Para a professora Lenita Wannmacher,
especialista em seleção e uso de medicamentos, as listas de medicamentos
essenciais são um dos elementos mais custo-efetivos na realidade sanitária
atual. “Pela racionalidade dos custos existe a possibilidade de dar mais
acesso à população”, segundo ela, quando se restringe
o elenco, a qualidade do atendimento tende a melhorar e a segurança
do fármaco é preservada. “Tira do panorama todos aqueles
me-toos que não têm comprovação de real
eficácia”,
diz.
Gestores de saúde, comprometidos com o uso racional de medicamentos,
podem ser o alicerce fundamental para a internalização de Políticas
Públicas Nacionais de Medicamentos nos Estados e Municípios. “É necessário
pensar as listas de medicamentos como ferramenta de gestão”, foi
o que sugeriu Sílvio César Machado, da Secretaria Estadual de
Saúde do Espírito Santo.
Racionalizar, democratizar e nacionalizar
Estimular a produção nacional industrial de medicamentos essenciais.

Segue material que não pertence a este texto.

-- ===== src/Vm.antt =====
-- The lazy kernel heap of mm/vm.c: its table of page states, allocation and freeing of page runs,
-- and the page fault handlers for demand paging and copy-on-write. Bytes of a frame are moved as
-- its words. Messages to the serial port are left out.
use coffee_os_aurora_refresh.Base.{
  ℕ, zero, suc, ◌+◌, ◌-◌, ◌*◌, ◌/◌, ◌%◌, Bool, true, false, not, ◌&&◌, ◌||◌, Option, none, some,
  Array, update, ltb, leb, ◌==◌, if◌then◌else◌, u32,
}
use coffee_os_aurora_refresh.Base.Bits.{test_bit}
use coffee_os_aurora_refresh.Pmm.Alloc.{pmm_alloc_page}
use coffee_os_aurora_refresh.Pmm.Refs.{pmm_ref_dec}
use coffee_os_aurora_refresh.Paging.Defs.{
  Paging, frame_of, page_base, map_page, unmap_page, paging_get_mapping,
}
use coffee_os_aurora_refresh.Paging.Flags.{paging_temp_map}
pub mod Runs
pub mod Unmapping
pub mod Freed
mod Tests

-- VM_PAGE_FREE, VM_PAGE_RESERVED and VM_PAGE_LAZY
pub data VmPage : Type 0 where
  free : VmPage
  reserved : VmPage
  lazy : VmPage

pub record Vm : Type 0 where
  pub vm_page_state : Array VmPage
  pub paging : Paging

abbrev pub heap_base : ℕ
heap_base = 0xd1000000

abbrev pub heap_pages : ℕ
heap_pages = 16384

abbrev pub heap_size : ℕ
heap_size = 67108864

unfoldable pub is_free : VmPage → Bool
is_free VmPage.free = true
is_free VmPage.reserved = false
is_free VmPage.lazy = false

unfoldable pub is_lazy : VmPage → Bool
is_lazy VmPage.free = false
is_lazy VmPage.reserved = false
is_lazy VmPage.lazy = true

unfoldable pub vm_init : Paging → Vm
vm_init paging = record { vm_page_state = λ i. VmPage.free; paging = paging }

-- The search of allocate_virtual_pages, from page i on with n pages left: the first page of a run
-- of `count` free pages.
unfoldable pub find_run : Array VmPage → ℕ → ℕ → ℕ → ℕ → ℕ → Option ℕ
find_run state count zero i run run_start = none
find_run state count (suc n) i run run_start =
    let free = is_free (state i) in
    let run' = if free then run + 1 else 0 in
    let start' = if free && run == 0 then i else run_start in
    let rest = find_run state count n (i + 1) run' start' in
    if free && run' == count then some start' else rest

-- The n pages from j on become lazy.
unfoldable pub mark_lazy : Array VmPage → ℕ → ℕ → Array VmPage
mark_lazy state zero j = state
mark_lazy state (suc n) j = mark_lazy (update state j VmPage.lazy) n (j + 1)

unfoldable pub allocate_virtual_pages : Vm → ℕ → ℕ × Vm
allocate_virtual_pages s count =
    let allocated : ℕ × Vm = elim (find_run s.vm_page_state count heap_pages 0 0 0) [
      | none ↦ (0, s)
      | some start ↦ (
        heap_base + start * 4096,
        record s { vm_page_state = mark_lazy s.vm_page_state count start },
      )
    ] in
    if count == 0 || ltb heap_pages count then (0, s) else allocated

-- A mapped page is unmapped, and its frame loses a reference.
unfoldable pub drop_mapping : Paging → ℕ → Paging
drop_mapping p vaddr = elim (paging_get_mapping p vaddr) [
  | none ↦ p
  | some (phys, flags) ↦
      let q = (unmap_page p vaddr).1 in record q { pmm = pmm_ref_dec q.pmm (page_base phys) }
]

-- The loop of free_virtual_pages, from page i on with n pages left.
unfoldable pub free_loop : Vm → ℕ → ℕ → Bool × Vm
free_loop s zero i = (true, s)
free_loop s (suc n) i =
    let freed : Vm = record {
      vm_page_state = update s.vm_page_state i VmPage.free;
      paging = drop_mapping s.paging (u32 (heap_base + i * 4096));
    } in
    let rest = free_loop freed n (i + 1) in if is_free (s.vm_page_state i) then (false, s) else rest

unfoldable pub free_virtual_pages : Vm → ℕ → ℕ → Bool × Vm
free_virtual_pages s addr count =
    let end = u32 (addr + u32 (count * 4096)) in
    let first_page = (addr - heap_base) / 4096 in
    let last_page = u32 (first_page + count) in
    if count == 0
    then (true, s)
    else if not (addr % 4096 == 0)
    then (false, s)
    else if ltb addr heap_base || ltb (heap_base + heap_size) end || ltb end addr
    then (false, s)
    else free_loop s (last_page - first_page) first_page

unfoldable pub vm_heap_contains : ℕ → Bool
vm_heap_contains addr = leb heap_base addr && ltb addr (heap_base + heap_size)

-- The end of a lazy fault: the frame mapped, cleared and recorded, or given back.
unfoldable pub back_page : Vm → ℕ → ℕ → ℕ → Bool × Vm
back_page s page idx frame =
    let (ok, p) = map_page s.paging page frame 3 in
    if ok
    then (
      true,
      record {
        vm_page_state = update s.vm_page_state idx VmPage.reserved;
        paging = record p { frames = update p.frames (frame_of frame) (λ i. 0) };
      },
    )
    else (false, record s { paging = record p { pmm = pmm_ref_dec p.pmm frame } })

unfoldable pub vm_handle_lazy_fault : Vm → ℕ → Bool × Vm
vm_handle_lazy_fault s fault_addr =
    let page = page_base fault_addr in
    let idx = (page - heap_base) / 4096 in
    let (frame, pmm') = pmm_alloc_page s.paging.pmm in
    let s' : Vm = record s { paging = record s.paging { pmm = pmm' } } in
    if not (vm_heap_contains page) || leb heap_pages idx || not (is_lazy (s.vm_page_state idx))
    then (false, s)
    else if frame == 0
    then (false, s')
    else back_page s' page idx frame

-- The end of a copy-on-write fault: the page's words copied to the new frame, the old mapping
-- dropped and the new one made.
unfoldable pub copy_page : Paging → ℕ → ℕ → ℕ → ℕ → Bool × Paging
copy_page p page old_phys new_phys flags =
    let copied = record p {
      frames = update p.frames (frame_of new_phys) (p.frames (frame_of old_phys));
    } in
    let unmapped = (unmap_page copied page).1 in
    let dropped = record unmapped { pmm = pmm_ref_dec unmapped.pmm old_phys } in
    let (ok, q) = map_page dropped page new_phys (3 + test_bit flags 2 * 4) in
    if ok then (true, q) else (false, record q { pmm = pmm_ref_dec q.pmm new_phys })

-- The copy-on-write path for a page mapped to old_phys.
unfoldable pub cow_page : Paging → ℕ → ℕ → ℕ → Bool × Paging
cow_page p page old_phys flags =
    let (new_phys, pmm') = pmm_alloc_page p.pmm in
    let (mapped, q) = paging_temp_map (record p { pmm = pmm' }) new_phys in
    if new_phys == 0
    then (false, record p { pmm = pmm' })
    else if mapped
    then copy_page q page old_phys new_phys flags
    else (false, record q { pmm = pmm_ref_dec q.pmm new_phys })

unfoldable pub vm_handle_cow_fault : Paging → ℕ → Bool × Paging
vm_handle_cow_fault p fault_addr =
    let page = page_base fault_addr in
    elim (paging_get_mapping p page) [
      | none ↦ (false, p)
      | some (phys, flags) ↦
          if test_bit flags 9 == 0 then (false, p) else cow_page p page (page_base phys) flags
    ]

unfoldable pub vm_handle_page_fault : Vm → ℕ → ℕ → Bool × Vm
vm_handle_page_fault s fault_addr err_code =
    let (ok, p) = vm_handle_cow_fault s.paging fault_addr in
    if test_bit err_code 0 == 0
    then vm_handle_lazy_fault s fault_addr
    else if test_bit err_code 1 == 1
    then (ok, record s { paging = p })
    else (false, s)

Incorporar no cotidiano dos sistemas de saúde, tanto público
quanto privado, o conceito do uso racional. Formar recursos humanos de saúde
com o comprometimento ético e desprovidos de conflitos de interesse.

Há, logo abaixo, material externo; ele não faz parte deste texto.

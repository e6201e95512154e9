-- ===== src/Vm/Runs.antt =====
-- allocate_virtual_pages of mm/vm.c finds the first run of free pages, and free_virtual_pages
-- gives one back.
use coffee_os_aurora_refresh.Base.{
  ℕ, zero, suc, ◌+◌, ◌-◌, ◌*◌, ◌≤◌, ◌<◌, ◌≡◌, ◌≢◌, ◌⊎◌, inl, inr, refl, sym, true, false, ◌&&◌,
  Option, none, some, Array, update, ltb, leb, ◌==◌, if◌then◌else◌, if_intro, Bool-cases,
  Option-cases, lt_cases, eq_cases, ==_iff, ==_ne, le→ltb, lt→ltb, le→leb, lt→leb, u32, ap, ◌∙◌,
  arith,
}
use coffee_os_aurora_refresh.Vm.{
  Vm, VmPage, heap_base, heap_pages, is_free, find_run, mark_lazy, allocate_virtual_pages,
  drop_mapping, free_loop, free_virtual_pages,
}

is_free-eq : (v : VmPage) → is_free v ≡ true → v ≡ VmPage.free
unfolding is_free
is_free-eq VmPage.free h = refl
is_free-eq VmPage.reserved h = absurd cc
is_free-eq VmPage.lazy h = absurd cc

lazy_not_free : is_free VmPage.lazy ≡ false
unfolding is_free
lazy_not_free = refl

-- A page of [a, a + count) is in use.
abbrev pub Blocked : Array VmPage → ℕ → ℕ → Type 0
Blocked state count a = (j : ℕ) × (a ≤ j) × (j < a + count) × (is_free (state j) ≡ false)

-- The search before page i, with the last `run` pages free: no run of `count` pages was passed.
record Search (state : Array VmPage) (count i run start : ℕ) : Type 0 where
  short : run < count
  bound : run ≤ i
  starts : 0 < run → start + run ≡ i
  free : (j : ℕ) → i ≤ j + run → j < i → is_free (state j) ≡ true
  maximal : (j : ℕ) → j + run + 1 ≡ i → is_free (state j) ≡ false
  missed : (a : ℕ) → a + count ≤ i → Blocked state count a

-- The first run of `count` free pages below page hi.
abbrev pub FirstRun : Array VmPage → ℕ → ℕ → Option ℕ → Type 0
FirstRun state count hi none = (a : ℕ) → a + count ≤ hi → Blocked state count a
FirstRun state count hi (some p) =
    (p + count ≤ hi)
    × ((j : ℕ) → p ≤ j → j < p + count → is_free (state j) ≡ true)
    × ((a : ℕ) → a < p → Blocked state count a)

Search-taken :
    (state : Array VmPage) (count i run start : ℕ)
    → Search state count i run start
    → is_free (state i) ≡ false
    → Search state count (i + 1) 0 start
Search-taken state count i run start v h = record {
  short = omega (arith, v.short);
  bound = omega arith;
  starts = λ l. absurd (omega arith);
  free = λ j l u. absurd (omega arith);
  maximal = λ j e. let f : j ≡ i = omega arith in rw f h;
  missed = λ a l. elim (lt_cases i (a + count)) [
    | inl e ↦ (i, omega (arith, v.short), e, h)
    | inr e ↦ v.missed a e
  ];
}

Search-free :
    (state : Array VmPage) (count i run start start' : ℕ)
    → Search state count i run start
    → is_free (state i) ≡ true
    → run + 1 ≢ count
    → start' + (run + 1) ≡ i + 1
    → Search state count (i + 1) (run + 1) start'
Search-free state count i run start start' v h n e = record {
  short = omega (arith, v.short);
  bound = omega (arith, v.bound);
  starts = λ l. e;
  free = λ j l u. elim (eq_cases j i) [
    | inl f ↦ rw f h
    | inr f ↦ v.free j (omega arith) (omega arith)
  ];
  maximal = λ j f. v.maximal j (omega arith);
  missed = λ a l. elim (lt_cases i (a + count)) [
    | inl f ↦ (
      i - run - 1,
      omega (arith, v.short),
      omega (arith, v.short, v.bound),
      v.maximal (i - run - 1) (omega (arith, v.short)),
    )
    | inr f ↦ v.missed a f
  ];
}

find_run-FirstRun :
    (state : Array VmPage) (count n i run start hi : ℕ)
    → i + n ≡ hi
    → Search state count i run start
    → FirstRun state count hi (find_run state count n i run start)
unfolding find_run
find_run-FirstRun state count zero i run start hi e v = λ a l. v.missed a (omega arith)
find_run-FirstRun state count (suc n) i run start hi e v = elim (Bool-cases (is_free (state i))) [
  | inl f ↦ rw f (
      if_intro (FirstRun state count hi) (run + 1 == count) _ _
        (λ g.
          let p : run + 1 ≡ count = (==_iff (run + 1) count).0 g in
          (
            omega (arith, starts),
            (λ j l u. elim (eq_cases j i) [
              | inl k ↦ rw k f
              | inr k ↦ v.free j (omega (arith, starts)) (omega (arith, starts))
            ]),
            λ a l. v.missed a (omega (arith, starts)),
          ))
        (λ g.
          find_run-FirstRun state count n (i + 1) (run + 1) start' hi (omega arith)
            (Search-free state count i run start start' v f (ground arith) starts)))
  | inr f ↦ rw f (
      find_run-FirstRun state count n (i + 1) 0 start hi (omega arith)
        (Search-taken state count i run start v f))
]
  where
    start' : ℕ
    start' = if run == 0 then i else start

    starts : start' + (run + 1) ≡ i + 1
    starts = ground (arith, v.starts)

mark_lazy_lem :
    (n : ℕ) (state : Array VmPage) (j q : ℕ)
    → mark_lazy state n j q ≡ (if leb j q && ltb q (j + n) then VmPage.lazy else state q)
unfolding mark_lazy
mark_lazy_lem zero state j q = ground arith
mark_lazy_lem (suc n) state j q = mark_lazy_lem n _ (j + 1) q ∙ ground arith

-- What allocate_virtual_pages may return: the address of the first run of `count` free pages, with
-- those pages lazy, or 0 if there is no such run.
abbrev pub Allocated : Vm → ℕ → ℕ × Vm → Type 0
Allocated s count r =
    ((r ≡ (0, s)) × ((a : ℕ) → a + count ≤ heap_pages → Blocked s.vm_page_state count a))
    ⊎ ((p : ℕ) × (r.0 ≡ heap_base + p * 4096)
        × FirstRun s.vm_page_state count heap_pages (some p)
        × ((q : ℕ) → p ≤ q → q < p + count → r.1.vm_page_state q ≡ VmPage.lazy)
        × ((q : ℕ) → (q < p) ⊎ (p + count ≤ q) → r.1.vm_page_state q ≡ s.vm_page_state q)
        × (r.1.paging ≡ s.paging))

-- For a count from 1 to the size of the heap, allocate_virtual_pages returns the first run of that
-- many free pages and makes exactly these pages lazy, or returns 0 and changes nothing, and then
-- every run of that many pages of the heap has a page in use.
pub allocate_virtual_pages-Allocated :
    (s : Vm) (count : ℕ)
    → 0 < count
    → count ≤ heap_pages
    → Allocated s count (allocate_virtual_pages s count)
unfolding allocate_virtual_pages
allocate_virtual_pages-Allocated s count h k =
    rw (==_ne count 0 (omega arith), le→ltb heap_pages count k)
      (elim (Option-cases (find_run s.vm_page_state count heap_pages 0 0 0)) [
        | inl e ↦ rw e (inl (refl, rw e at found))
        | inr (p, e) ↦ rw e (
            inr (
              p,
              refl,
              rw e at found,
              (λ q l u. mark_lazy_lem count s.vm_page_state p q ∙ ground arith),
              (λ q o. mark_lazy_lem count s.vm_page_state p q ∙ ground arith),
              refl,
            ))
      ])
  where
    found :
        FirstRun s.vm_page_state count heap_pages (find_run s.vm_page_state count heap_pages 0 0 0)
    found = find_run-FirstRun s.vm_page_state count heap_pages 0 0 0 heap_pages refl (record {
      short = h;
      bound = omega arith;
      starts = λ l. absurd (omega arith);
      free = λ j l u. absurd (omega arith);
      maximal = λ j e. absurd (omega arith);
      missed = λ a l. absurd (omega arith);
    })

-- Freeing n pages in use, from page i on.
free_loop_lem :
    (n : ℕ) (s : Vm) (i : ℕ)
    → ((j : ℕ) → i ≤ j → j < i + n → is_free (s.vm_page_state j) ≡ false)
    → ((free_loop s n i).0 ≡ true)
      × ((q : ℕ)
          → (free_loop s n i).1.vm_page_state q
            ≡ (if leb i q && ltb q (i + n) then VmPage.free else s.vm_page_state q))
unfolding free_loop
free_loop_lem zero s i h = (refl, λ q. ground arith)
free_loop_lem (suc n) s i h =
    let freed : Vm = record {
      vm_page_state = update s.vm_page_state i VmPage.free;
      paging = drop_mapping s.paging (u32 (heap_base + i * 4096));
    } in
    let rest = free_loop_lem n freed (i + 1) (λ j l u. ground (arith, h j)) in
    rw (h i (omega arith) (omega arith)) (rest.0, λ q. rest.1 q ∙ ground arith)

-- The states of the pages after a run of pages in use is freed.
pub free_virtual_pages_states :
    (s : Vm) (p count : ℕ)
    → p + count ≤ heap_pages
    → ((j : ℕ) → p ≤ j → j < p + count → is_free (s.vm_page_state j) ≡ false)
    → ((free_virtual_pages s (heap_base + p * 4096) count).0 ≡ true)
      × ((q : ℕ)
          → (free_virtual_pages s (heap_base + p * 4096) count).1.vm_page_state q
            ≡ (if leb p q && ltb q (p + count) then VmPage.free else s.vm_page_state q))
unfolding free_virtual_pages
free_virtual_pages_states s p count h f = ground (arith, free_loop_lem count s p f)

-- Giving back a run that allocate_virtual_pages just returned, if it returned a nonzero address,
-- succeeds and leaves every page in the state that it had before.
pub free-allocate :
    (s : Vm) (count : ℕ)
    → 0 < count
    → count ≤ heap_pages
    → (allocate_virtual_pages s count).0 ≢ 0
    → (free_virtual_pages
          (allocate_virtual_pages s count).1
          (allocate_virtual_pages s count).0
          count).0
        ≡ true
      × ((q : ℕ)
          → (free_virtual_pages
                (allocate_virtual_pages s count).1
                (allocate_virtual_pages s count).0
                count).1.vm_page_state
              q
            ≡ s.vm_page_state q)
free-allocate s count h k n = elim (allocate_virtual_pages-Allocated s count h k) [
  | inl (e, _) ↦ absurd (n (ap (λ (r : ℕ × Vm). r.0) e))
  | inr (p, e, found, taken, others, _) ↦
      let freed =
        free_virtual_pages_states (allocate_virtual_pages s count).1 p count found.0
          (λ j l u. rw (taken j l u) lazy_not_free) in
      rw e (freed.0, λ q. freed.1 q ∙ same p found taken others q)
]
  where
    same :
        (p : ℕ)
        → FirstRun s.vm_page_state count heap_pages (some p)
        → ((q : ℕ)
            → p ≤ q
            → q < p + count
            → (allocate_virtual_pages s count).1.vm_page_state q ≡ VmPage.lazy)
        → ((q : ℕ)
            → (q < p) ⊎ (p + count ≤ q)
            → (allocate_virtual_pages s count).1.vm_page_state q ≡ s.vm_page_state q)
        → (q : ℕ)
        → (if leb p q && ltb q (p + count)
            then VmPage.free
            else (allocate_virtual_pages s count).1.vm_page_state q)
          ≡ s.vm_page_state q
    same p found taken others q = elim (lt_cases q p) [
      | inl l ↦ rw (lt→leb p q l) (others q (inl l))
      | inr l ↦ elim (lt_cases q (p + count)) [
        | inl u ↦ rw (le→leb p q l, lt→ltb q (p + count) u) (sym (is_free-eq _ (found.1 q l u)))
        | inr u ↦ rw (le→leb p q l, le→ltb q (p + count) u) (others q (inr u))
      ]
    ]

Fortalecer a atenção farmacêutica, a farmacovigilância
e as Comissões de Farmácia e Terapêutica. Difundir no país
a medicina baseada em evidências e as informações sobre
medicamentos isentas, confiáveis e atualizadas.
O 2º Congresso Brasileiro sobre Uso Racional de Medicamentos caracterizou-se
pela união de forças e idéias em torno de um objetivo
comum. A Carta de Florianópolis, com 22 recomendações,
produzida ao final das discussões, já pode ser considerada como
um símbolo emblemático em prol da construção de
políticas públicas em torno do uso correto dos medicamentos. “A
próxima etapa é fazer com que as sugestões sejam implementadas
na prática”, observou Norberto Rech, que foi o responsável
pela redação final do documento e também um dos membros
da Comissão Organizadora Nacional do evento.